Supplied data Block Start

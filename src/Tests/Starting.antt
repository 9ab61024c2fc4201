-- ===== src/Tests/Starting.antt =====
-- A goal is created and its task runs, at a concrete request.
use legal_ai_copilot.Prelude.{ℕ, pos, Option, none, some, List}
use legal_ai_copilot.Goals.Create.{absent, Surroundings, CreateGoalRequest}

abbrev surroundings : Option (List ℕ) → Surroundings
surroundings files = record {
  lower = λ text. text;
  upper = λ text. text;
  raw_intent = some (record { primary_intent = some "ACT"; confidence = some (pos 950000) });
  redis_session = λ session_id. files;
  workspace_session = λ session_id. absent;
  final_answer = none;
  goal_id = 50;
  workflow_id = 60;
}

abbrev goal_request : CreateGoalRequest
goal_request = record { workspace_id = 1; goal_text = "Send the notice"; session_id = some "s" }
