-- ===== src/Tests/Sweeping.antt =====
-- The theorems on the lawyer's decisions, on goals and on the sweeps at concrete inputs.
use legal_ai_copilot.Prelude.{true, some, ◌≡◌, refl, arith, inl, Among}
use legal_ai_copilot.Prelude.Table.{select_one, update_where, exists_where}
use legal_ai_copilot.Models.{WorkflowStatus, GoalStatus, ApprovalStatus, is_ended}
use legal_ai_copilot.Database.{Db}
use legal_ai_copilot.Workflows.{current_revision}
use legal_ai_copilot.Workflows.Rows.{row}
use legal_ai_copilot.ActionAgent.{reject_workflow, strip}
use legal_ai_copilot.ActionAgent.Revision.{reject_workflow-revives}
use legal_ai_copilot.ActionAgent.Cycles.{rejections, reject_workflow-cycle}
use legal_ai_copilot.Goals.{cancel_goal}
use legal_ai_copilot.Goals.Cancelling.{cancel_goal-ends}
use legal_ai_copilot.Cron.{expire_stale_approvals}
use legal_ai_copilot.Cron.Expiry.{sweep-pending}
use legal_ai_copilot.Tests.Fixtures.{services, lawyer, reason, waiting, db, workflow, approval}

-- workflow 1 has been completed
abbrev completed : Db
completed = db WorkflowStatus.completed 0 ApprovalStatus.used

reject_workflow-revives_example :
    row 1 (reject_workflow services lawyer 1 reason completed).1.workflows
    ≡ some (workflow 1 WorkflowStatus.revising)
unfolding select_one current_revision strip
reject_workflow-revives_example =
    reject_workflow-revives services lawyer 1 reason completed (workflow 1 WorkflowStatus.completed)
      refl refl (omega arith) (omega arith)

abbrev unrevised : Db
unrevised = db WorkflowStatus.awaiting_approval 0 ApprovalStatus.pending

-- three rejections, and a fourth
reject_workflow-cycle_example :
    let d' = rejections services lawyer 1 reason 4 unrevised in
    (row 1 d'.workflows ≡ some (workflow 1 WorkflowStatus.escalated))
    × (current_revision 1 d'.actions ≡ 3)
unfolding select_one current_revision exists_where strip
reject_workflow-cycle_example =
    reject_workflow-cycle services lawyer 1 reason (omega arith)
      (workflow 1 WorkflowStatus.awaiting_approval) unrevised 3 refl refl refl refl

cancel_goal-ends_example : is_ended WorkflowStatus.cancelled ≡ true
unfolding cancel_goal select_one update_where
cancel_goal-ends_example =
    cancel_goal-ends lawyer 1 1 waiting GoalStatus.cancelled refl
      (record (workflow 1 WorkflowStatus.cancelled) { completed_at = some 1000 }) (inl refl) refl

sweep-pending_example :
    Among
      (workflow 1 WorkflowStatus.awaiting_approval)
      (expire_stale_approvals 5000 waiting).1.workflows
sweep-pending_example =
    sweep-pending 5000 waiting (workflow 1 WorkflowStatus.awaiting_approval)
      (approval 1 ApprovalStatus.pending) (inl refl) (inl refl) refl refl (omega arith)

Supplied data Block End

• _Problem to solve_: From the records above, return each line that includes "services".

• _Result_:
use legal_ai_copilot.Tests.Fixtures.{services, lawyer, reason, waiting, db, workflow, approval}
    row 1 (reject_workflow services lawyer 1 reason completed).1.workflows
    reject_workflow-revives services lawyer 1 reason completed (workflow 1 WorkflowStatus.completed)
    let d' = rejections services lawyer 1 reason 4 unrevised in
    reject_workflow-cycle services lawyer 1 reason (omega arith)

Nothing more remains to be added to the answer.